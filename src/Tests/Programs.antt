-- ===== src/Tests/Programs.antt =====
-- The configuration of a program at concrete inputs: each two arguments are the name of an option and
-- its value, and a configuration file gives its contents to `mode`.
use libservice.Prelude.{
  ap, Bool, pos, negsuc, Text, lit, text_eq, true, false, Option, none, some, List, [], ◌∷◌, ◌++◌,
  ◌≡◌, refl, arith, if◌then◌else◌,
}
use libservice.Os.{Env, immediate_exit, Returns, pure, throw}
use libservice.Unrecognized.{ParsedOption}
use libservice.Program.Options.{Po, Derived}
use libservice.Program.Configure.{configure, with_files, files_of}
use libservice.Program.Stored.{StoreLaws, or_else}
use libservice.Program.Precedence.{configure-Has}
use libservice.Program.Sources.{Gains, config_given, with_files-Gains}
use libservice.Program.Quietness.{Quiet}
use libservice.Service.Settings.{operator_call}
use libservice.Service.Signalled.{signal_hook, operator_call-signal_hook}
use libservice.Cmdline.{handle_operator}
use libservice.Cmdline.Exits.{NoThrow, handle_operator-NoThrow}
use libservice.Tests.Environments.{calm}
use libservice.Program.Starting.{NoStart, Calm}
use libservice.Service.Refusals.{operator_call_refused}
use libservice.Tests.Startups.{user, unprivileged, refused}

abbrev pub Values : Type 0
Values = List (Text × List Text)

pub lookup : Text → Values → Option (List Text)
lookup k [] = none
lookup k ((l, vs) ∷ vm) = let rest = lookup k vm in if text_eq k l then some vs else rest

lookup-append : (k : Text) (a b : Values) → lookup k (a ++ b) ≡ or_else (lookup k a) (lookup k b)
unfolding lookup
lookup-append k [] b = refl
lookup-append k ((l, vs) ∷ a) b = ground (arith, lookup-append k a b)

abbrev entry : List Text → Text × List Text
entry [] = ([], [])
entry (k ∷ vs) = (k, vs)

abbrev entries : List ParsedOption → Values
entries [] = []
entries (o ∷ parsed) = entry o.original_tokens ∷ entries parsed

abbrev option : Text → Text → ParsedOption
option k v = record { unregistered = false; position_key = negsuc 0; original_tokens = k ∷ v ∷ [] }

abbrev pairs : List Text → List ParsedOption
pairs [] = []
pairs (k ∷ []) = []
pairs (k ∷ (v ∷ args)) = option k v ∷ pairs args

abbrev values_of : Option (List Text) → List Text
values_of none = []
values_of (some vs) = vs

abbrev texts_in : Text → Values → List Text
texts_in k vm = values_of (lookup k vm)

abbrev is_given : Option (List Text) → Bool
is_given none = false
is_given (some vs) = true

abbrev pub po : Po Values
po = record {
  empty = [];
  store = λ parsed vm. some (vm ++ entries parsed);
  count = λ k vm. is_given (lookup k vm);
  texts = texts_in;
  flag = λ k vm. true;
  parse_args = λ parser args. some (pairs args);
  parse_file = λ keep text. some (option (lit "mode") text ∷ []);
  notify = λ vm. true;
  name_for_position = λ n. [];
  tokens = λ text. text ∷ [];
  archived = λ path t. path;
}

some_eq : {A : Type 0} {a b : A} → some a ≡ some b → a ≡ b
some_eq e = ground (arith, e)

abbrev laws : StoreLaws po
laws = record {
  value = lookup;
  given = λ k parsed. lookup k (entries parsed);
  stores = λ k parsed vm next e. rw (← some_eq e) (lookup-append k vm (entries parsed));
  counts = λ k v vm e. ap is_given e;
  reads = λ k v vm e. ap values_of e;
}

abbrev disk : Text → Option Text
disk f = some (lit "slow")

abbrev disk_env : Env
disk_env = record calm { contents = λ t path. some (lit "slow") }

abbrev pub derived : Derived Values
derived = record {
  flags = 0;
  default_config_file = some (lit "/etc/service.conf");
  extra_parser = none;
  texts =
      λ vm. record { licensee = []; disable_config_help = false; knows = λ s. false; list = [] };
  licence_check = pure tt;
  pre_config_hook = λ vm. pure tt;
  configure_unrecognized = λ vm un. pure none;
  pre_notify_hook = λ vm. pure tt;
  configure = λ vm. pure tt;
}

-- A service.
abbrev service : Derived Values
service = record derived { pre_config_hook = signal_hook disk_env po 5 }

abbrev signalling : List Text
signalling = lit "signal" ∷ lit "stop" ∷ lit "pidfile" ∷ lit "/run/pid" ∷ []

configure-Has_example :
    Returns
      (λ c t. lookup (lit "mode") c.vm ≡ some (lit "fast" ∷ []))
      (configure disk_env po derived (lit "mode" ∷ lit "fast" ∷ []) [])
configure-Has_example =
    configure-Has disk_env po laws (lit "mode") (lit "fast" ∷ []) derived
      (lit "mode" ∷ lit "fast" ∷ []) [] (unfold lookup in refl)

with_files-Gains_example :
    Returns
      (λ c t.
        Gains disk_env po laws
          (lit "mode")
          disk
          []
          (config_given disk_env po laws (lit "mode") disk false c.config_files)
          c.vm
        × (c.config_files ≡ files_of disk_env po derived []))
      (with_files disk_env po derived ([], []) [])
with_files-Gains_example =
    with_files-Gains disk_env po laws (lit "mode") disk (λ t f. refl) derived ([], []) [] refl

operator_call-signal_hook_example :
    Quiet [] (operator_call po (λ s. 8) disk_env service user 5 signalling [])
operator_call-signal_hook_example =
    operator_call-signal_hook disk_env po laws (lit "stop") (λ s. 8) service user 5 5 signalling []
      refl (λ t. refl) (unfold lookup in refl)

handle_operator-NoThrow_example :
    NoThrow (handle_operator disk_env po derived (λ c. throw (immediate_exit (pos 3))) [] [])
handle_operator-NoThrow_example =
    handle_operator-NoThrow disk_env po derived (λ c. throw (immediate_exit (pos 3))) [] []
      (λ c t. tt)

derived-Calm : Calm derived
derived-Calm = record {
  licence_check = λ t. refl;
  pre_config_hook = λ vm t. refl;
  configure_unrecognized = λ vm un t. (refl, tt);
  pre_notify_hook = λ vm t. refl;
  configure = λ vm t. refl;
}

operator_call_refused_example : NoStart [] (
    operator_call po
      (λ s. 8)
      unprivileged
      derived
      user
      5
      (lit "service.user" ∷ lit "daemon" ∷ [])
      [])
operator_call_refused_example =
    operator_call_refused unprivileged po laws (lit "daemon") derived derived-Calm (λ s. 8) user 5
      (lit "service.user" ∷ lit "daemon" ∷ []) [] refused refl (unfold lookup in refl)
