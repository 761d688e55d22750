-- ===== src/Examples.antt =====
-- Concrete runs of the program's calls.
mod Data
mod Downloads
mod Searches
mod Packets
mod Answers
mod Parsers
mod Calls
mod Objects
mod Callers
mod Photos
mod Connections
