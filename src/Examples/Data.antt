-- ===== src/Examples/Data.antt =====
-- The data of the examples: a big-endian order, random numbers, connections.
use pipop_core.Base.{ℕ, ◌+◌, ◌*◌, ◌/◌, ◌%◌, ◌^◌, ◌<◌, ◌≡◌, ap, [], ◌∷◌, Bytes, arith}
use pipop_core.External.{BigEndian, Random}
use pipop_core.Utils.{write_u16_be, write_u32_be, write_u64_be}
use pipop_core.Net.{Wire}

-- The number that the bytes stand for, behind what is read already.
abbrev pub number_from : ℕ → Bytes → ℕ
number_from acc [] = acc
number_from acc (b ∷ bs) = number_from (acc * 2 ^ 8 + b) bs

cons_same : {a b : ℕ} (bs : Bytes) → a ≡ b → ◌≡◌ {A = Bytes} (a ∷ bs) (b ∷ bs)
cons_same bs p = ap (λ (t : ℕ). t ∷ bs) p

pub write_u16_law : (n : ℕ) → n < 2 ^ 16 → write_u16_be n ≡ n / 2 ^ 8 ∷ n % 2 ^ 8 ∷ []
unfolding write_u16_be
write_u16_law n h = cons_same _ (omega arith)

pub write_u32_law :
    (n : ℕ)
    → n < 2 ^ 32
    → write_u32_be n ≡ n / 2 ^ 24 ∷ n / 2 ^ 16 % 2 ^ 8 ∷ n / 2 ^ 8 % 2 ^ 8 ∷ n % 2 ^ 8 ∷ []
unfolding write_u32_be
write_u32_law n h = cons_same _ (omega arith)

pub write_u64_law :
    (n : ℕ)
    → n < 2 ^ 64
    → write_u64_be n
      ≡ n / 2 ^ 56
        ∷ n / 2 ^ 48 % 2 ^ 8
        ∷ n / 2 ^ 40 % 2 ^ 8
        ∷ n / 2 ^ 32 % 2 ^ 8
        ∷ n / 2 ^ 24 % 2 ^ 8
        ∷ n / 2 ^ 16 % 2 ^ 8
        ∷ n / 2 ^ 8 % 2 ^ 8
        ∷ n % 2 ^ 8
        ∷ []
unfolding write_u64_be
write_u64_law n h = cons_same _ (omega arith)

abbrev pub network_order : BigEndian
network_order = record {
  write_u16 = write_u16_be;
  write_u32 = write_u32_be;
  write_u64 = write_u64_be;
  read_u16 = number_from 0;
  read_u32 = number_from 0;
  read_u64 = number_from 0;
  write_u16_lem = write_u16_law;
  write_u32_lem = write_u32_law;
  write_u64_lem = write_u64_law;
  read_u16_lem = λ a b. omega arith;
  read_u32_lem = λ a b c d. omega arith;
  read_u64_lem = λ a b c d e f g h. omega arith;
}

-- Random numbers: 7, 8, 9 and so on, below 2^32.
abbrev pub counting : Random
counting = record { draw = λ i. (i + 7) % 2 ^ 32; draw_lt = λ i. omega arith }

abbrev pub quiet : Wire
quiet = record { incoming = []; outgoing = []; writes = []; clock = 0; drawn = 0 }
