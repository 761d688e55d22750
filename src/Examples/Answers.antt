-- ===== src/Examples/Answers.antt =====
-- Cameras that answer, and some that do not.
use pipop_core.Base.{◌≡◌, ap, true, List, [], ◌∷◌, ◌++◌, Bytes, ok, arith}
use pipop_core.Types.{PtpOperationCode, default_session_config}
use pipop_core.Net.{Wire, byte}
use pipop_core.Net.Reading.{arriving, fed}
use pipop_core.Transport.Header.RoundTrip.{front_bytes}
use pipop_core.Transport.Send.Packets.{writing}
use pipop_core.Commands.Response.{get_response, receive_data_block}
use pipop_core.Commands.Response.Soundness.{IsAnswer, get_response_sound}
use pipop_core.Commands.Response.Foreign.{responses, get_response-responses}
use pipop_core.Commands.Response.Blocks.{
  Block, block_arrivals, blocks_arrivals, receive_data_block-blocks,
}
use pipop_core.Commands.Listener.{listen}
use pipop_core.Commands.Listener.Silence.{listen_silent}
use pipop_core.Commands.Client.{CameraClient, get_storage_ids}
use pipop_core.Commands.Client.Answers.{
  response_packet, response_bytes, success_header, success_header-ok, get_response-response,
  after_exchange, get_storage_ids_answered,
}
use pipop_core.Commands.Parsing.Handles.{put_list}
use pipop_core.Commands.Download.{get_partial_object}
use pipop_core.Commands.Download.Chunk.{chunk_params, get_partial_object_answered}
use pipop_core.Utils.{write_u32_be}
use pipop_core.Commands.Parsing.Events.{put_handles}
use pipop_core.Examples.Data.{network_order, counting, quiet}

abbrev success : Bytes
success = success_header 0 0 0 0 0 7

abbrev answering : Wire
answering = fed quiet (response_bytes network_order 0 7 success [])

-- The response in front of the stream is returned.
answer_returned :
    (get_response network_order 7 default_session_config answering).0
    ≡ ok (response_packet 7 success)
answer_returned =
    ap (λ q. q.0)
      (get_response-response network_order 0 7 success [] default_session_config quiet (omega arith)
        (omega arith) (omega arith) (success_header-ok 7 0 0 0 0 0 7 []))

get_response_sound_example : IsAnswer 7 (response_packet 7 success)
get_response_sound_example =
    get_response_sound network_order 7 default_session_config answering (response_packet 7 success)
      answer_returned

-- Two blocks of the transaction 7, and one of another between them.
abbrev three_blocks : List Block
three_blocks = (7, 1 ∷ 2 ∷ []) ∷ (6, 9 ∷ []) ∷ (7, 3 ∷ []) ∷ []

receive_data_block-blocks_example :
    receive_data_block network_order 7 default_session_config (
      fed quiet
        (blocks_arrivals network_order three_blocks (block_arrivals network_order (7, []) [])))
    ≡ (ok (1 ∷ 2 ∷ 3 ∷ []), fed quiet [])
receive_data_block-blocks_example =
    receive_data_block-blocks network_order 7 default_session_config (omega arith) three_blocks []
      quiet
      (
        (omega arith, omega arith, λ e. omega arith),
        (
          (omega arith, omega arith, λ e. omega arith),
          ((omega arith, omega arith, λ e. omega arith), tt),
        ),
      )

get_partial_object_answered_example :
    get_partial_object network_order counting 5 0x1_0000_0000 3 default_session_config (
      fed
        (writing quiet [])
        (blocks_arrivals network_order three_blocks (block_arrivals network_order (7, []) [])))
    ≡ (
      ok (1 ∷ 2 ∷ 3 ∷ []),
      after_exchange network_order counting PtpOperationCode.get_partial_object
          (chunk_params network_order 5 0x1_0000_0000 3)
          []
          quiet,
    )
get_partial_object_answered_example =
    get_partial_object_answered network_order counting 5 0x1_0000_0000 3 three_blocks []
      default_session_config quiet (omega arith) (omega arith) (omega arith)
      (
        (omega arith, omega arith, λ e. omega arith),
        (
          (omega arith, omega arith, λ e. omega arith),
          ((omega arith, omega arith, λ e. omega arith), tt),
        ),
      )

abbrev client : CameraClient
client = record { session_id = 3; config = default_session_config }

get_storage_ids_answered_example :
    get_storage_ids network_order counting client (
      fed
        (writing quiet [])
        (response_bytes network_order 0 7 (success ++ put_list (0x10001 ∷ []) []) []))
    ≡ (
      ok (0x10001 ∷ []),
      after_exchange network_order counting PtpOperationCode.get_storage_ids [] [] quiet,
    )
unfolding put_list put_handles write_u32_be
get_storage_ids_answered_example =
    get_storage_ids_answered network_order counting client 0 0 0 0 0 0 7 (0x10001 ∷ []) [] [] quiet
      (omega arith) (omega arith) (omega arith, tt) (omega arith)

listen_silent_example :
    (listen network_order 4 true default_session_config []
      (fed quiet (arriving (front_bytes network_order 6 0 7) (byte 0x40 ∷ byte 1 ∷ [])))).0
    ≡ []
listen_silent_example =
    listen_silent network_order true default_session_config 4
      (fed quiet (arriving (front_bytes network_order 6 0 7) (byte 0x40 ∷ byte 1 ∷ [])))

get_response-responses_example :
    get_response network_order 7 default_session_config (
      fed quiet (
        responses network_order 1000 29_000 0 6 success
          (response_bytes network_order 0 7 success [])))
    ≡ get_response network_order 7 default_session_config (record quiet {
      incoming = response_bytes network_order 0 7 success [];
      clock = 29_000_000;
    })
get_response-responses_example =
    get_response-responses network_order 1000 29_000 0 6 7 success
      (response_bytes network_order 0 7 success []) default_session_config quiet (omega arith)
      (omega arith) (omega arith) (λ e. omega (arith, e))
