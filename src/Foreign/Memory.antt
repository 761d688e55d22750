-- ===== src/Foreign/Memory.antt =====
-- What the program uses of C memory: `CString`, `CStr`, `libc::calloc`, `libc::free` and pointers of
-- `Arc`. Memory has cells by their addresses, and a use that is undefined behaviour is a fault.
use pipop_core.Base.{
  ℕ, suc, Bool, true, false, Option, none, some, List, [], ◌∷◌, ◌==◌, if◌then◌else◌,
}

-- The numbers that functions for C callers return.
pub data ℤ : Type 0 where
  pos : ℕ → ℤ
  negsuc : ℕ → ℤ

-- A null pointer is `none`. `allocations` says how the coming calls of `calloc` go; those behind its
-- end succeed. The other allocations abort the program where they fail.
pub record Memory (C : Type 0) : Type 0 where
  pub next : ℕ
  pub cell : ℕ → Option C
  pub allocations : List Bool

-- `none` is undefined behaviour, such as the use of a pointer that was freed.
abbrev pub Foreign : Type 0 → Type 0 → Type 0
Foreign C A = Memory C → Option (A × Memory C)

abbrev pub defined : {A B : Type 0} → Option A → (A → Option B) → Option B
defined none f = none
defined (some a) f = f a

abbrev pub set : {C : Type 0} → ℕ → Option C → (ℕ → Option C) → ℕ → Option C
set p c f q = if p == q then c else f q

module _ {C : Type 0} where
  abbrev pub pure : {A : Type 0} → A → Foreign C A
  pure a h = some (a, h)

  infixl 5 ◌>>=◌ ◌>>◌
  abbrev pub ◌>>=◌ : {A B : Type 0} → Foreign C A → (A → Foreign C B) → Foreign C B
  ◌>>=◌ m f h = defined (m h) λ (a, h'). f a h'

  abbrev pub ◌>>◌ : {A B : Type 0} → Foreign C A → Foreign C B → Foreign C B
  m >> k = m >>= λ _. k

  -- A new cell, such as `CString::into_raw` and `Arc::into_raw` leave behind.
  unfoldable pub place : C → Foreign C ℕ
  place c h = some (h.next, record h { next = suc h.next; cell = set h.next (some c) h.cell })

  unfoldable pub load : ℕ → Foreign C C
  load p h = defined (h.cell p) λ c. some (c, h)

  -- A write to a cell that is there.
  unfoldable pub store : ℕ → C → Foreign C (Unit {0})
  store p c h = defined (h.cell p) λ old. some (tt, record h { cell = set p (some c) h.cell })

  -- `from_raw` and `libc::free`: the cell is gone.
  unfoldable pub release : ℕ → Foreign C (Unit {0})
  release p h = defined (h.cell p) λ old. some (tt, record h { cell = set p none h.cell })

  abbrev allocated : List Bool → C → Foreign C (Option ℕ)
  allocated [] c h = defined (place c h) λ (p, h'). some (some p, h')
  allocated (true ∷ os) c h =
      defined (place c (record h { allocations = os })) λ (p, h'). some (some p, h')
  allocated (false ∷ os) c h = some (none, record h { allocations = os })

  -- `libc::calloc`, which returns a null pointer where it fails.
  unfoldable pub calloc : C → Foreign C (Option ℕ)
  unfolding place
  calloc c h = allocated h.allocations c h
■ ■ ■
### WHAT YOU ARE ASKED TO DO
Write out only the lines that run from the line containing "archived = λ path t. path;" through the line containing "configure_unrecognized = λ vm un.", both included, exactly as they appear above.

### TASK SOLUTION
  archived = λ path t. path;
}

some_eq : {A : Type 0} {a b : A} → some a ≡ some b → a ≡ b
some_eq e = ground (arith, e)

abbrev laws : StoreLaws po
laws = record {
  value = lookup;
  given = λ k parsed. lookup k (entries parsed);
  stores = λ k parsed vm next e. rw (← some_eq e) (lookup-append k vm (entries parsed));
  counts = λ k v vm e. ap is_given e;
  reads = λ k v vm e. ap values_of e;
}

abbrev disk : Text → Option Text
disk f = some (lit "slow")

abbrev disk_env : Env
disk_env = record calm { contents = λ t path. some (lit "slow") }

abbrev pub derived : Derived Values
derived = record {
  flags = 0;
  default_config_file = some (lit "/etc/service.conf");
  extra_parser = none;
  texts =
      λ vm. record { licensee = []; disable_config_help = false; knows = λ s. false; list = [] };
  licence_check = pure tt;
  pre_config_hook = λ vm. pure tt;
  configure_unrecognized = λ vm un. pure none;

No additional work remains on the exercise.